The S&P 500 spent Tuesday and Wednesday testing the 200-day moving average at 2742 before backing off on Thursday. The index finished up marginally on the week, rising by just 0.05%. The next few weeks should be interesting as traders decide whether to continue pushing stocks higher in an attempt to breach the 200-day moving average or decide it’s time to start taking profits from the seven-week-old rally. Notably, bond yields have continued to fall, signaling that bond investors aren’t buying into the “economic fundamentals are fine” narrative. Instead, bond investors are pricing in slower economic growth. The 10-year Treasury yield has fallen to 2.64% while the 6-month Treasury is yielding 2.50%, leaving a spread of only .14% between the two maturities. Translation: bond investors don’t see inflation on the horizon, which also means they aren’t expecting strong economic growth anytime soon. Furthermore, a flat yield curve makes it hard for banks to make money on their basic business of borrowing short and lending long. A narrower spread means less profitable lending. Banks typically respond by doing less lending, which ultimately reduces economic growth even further.
Meanwhile, economic reports from around the world are lending credence to the bond markets point of view. According to Barron's, there is nearly $9 trillion in negative yielding debt worldwide - a number that has risen sharply since last year. For those of you who don’t follow fixed income that closely, until the financial crisis it was thought impossible for bond interest rates to be negative. After all, who would pay a bank to hold their money rather than having the bank pay them? Yet here we are, approximately ten years into an economic expansion in the U.S., and 10-year Treasuries are still only 2.64%, while German bunds yield all of 0.09% and Japanese 10-years are back below zero. Meanwhile, economic growth forecasts are falling in Europe, Asia – notably China, and the U.S. “The European Commission lowered its estimate of 2019 GDP growth for the eurozone by nearly a third, to 1.3% from 1.9%. Italy is already in recession, while German growth is faltering as its export-dependent economy is being hampered by a slowing China,” wrote Barron's recently.
Somebody is wrong. Either bond investors or stock investors are on the wrong side of the trade. Worth noting, bond investors tend to get it right more often than stock investors.
“What causes a bear market?” a client asked over coffee last week. “Bear markets are psychological events,” I replied, “which makes them unpredictable.” He wasn’t happy with that answer. For the next 15 minutes, we talked about sandpiles, avalanches, earthquakes, self-organized criticality, and bear markets. Self-organized criticality is nature’s tendency to move a complex system to a critical state where the potential exists for a sudden change to occur, but of unpredictable size. Perhaps the most famous study of self-organized criticality was the Abelian sandpile model, otherwise known as the Bak-Tang-Wiesenfeld model, introduced in 1987 by three physicists: Per Bak, Chao Tang, and Kurt Wiesenfeld. The model simulated dropping grains of sand on a grid, randomly, one at a time, until an avalanche occurred. What they discovered was that there was no way to predict which grain of sand would trigger an avalanche once the sandpile had reached a critical state, nor was there any way to predict the resulting size of the avalanche. A grain of sand, each identical to the next, might have no impact on the sandpile or it might trigger a massive avalanche that caused the entire pile to collapse. The stock market is not dissimilar to the sandpile.

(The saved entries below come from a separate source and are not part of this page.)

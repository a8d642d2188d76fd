-- ===== src/DevicePages/Visits.antt =====
-- A visitor on the pages of the devices: which handlers a page offers, and what opens it.
use wiregui.Base.{Bool, List, [], ◌∷◌, Text, codes, eqb, if◌then◌else◌}
use wiregui.Settings.{Settings}
use wiregui.Nft.{Nftables}
use wiregui.Host.{Host}
use wiregui.Api.{Draws}
use wiregui.DevicePages.Form.{DeviceForm}
use wiregui.DevicePages.Handlers.{
  Visitor, State, create_own_device, create_device_for, delete_own_device, delete_any_device,
  save_edit, save_admin_edit, opens,
}

-- The pages `/devices`, `/admin/devices` and `/devices/{device_id}`, or another.
pub data Page : Type 0 where
  elsewhere : Page
  own_devices : Page
  all_devices : Page
  one_device : Text → Page

-- What a visitor does: goes to a page, or calls a handler of the page that is open.
pub data Action : Type 0 where
  visit_own : Action
  visit_all : Action
  visit_one : Text → Action
  create : Text → DeviceForm → Draws → Text → Action
  delete : Text → Action
  save : Text → DeviceForm → Action

-- `_guard`
abbrev pub has_admin_role : Visitor → Bool
has_admin_role v = eqb v.role (codes "admin")

module _ (settings : Settings) (n : Nftables) (h : Host settings.wg_interface) (v : Visitor) where
  abbrev pub Visit : Type 0
  Visit = Page × State settings n h

  -- The owner that is chosen counts on the administrator's page only.
  abbrev pub create_on :
      Page → Text → DeviceForm → Draws → Text → State settings n h → State settings n h
  create_on own_devices owner form d private_key s =
      (create_own_device settings n h v form d private_key s).0
  create_on all_devices owner form d private_key s =
      (create_device_for settings n h owner form d private_key s).0
  create_on elsewhere owner form d private_key s = s
  create_on (one_device device_id) owner form d private_key s = s

  -- The page of one device deletes that one.
  abbrev pub delete_on : Page → Text → State settings n h → State settings n h
  delete_on own_devices chosen s = delete_own_device settings n h v chosen s
  delete_on all_devices chosen s = delete_any_device settings n h chosen s
  delete_on (one_device device_id) chosen s = delete_any_device settings n h device_id s
  delete_on elsewhere chosen s = s

  abbrev pub save_on : Page → Text → DeviceForm → State settings n h → State settings n h
  save_on all_devices chosen form s = save_admin_edit settings n h chosen form s
  save_on (one_device device_id) chosen form s = save_edit settings n h device_id form s
  save_on own_devices chosen form s = s
  save_on elsewhere chosen form s = s

  unfoldable pub act : Action → Visit → Visit
  unfolding create_own_device create_device_for delete_own_device delete_any_device save_edit
      save_admin_edit opens
  act visit_own (page, s) = (own_devices, s)
  act visit_all (page, s) = (if has_admin_role v then all_devices else elsewhere, s)
  act (visit_one device_id) (page, s) =
      (if opens settings n h v device_id s.0 then one_device device_id else elsewhere, s)
  act (create owner form d private_key) (page, s) =
      (page, create_on page owner form d private_key s)
  act (delete chosen) (page, s) = (page, delete_on page chosen s)
  act (save chosen form) (page, s) = (page, save_on page chosen form s)

  unfoldable pub act_all : List Action → Visit → Visit
  unfolding act
  act_all [] visit = visit
  act_all (a ∷ as') visit = act_all as' (act a visit)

The stock market is a complex system with millions of inputs daily. Markets drive themselves to self-organized criticality periodically, and then a catalyst triggers sufficient selling to attract additional selling, which in turn generates even more selling. Thus, a bear market is born. Investor psychology changes - instead of seeing dips as buying opportunities, they see rallies as selling opportunities. What catalysts trigger the psychological change in investors? Often the exact same grain of sand! Economic growth is slowing: Buy stocks because the Federal Reserve will stop raising rates. Economic growth is slowing: Sell stocks because earnings growth is slowing. Many grains of sand come and go without initiating that critical change in investor psychology until one catalyst does.
No one knows how to predict the beginning of a bear market because no one knows what catalyst will flip investors from buy to sell. Pundits offer up dozens of potential catalysts that end up as just another grain of sand on the pile. In fact, investors are so bad at predicting bear markets that we usually have no clue we’re even in one until it’s far along. We may even be in one right now.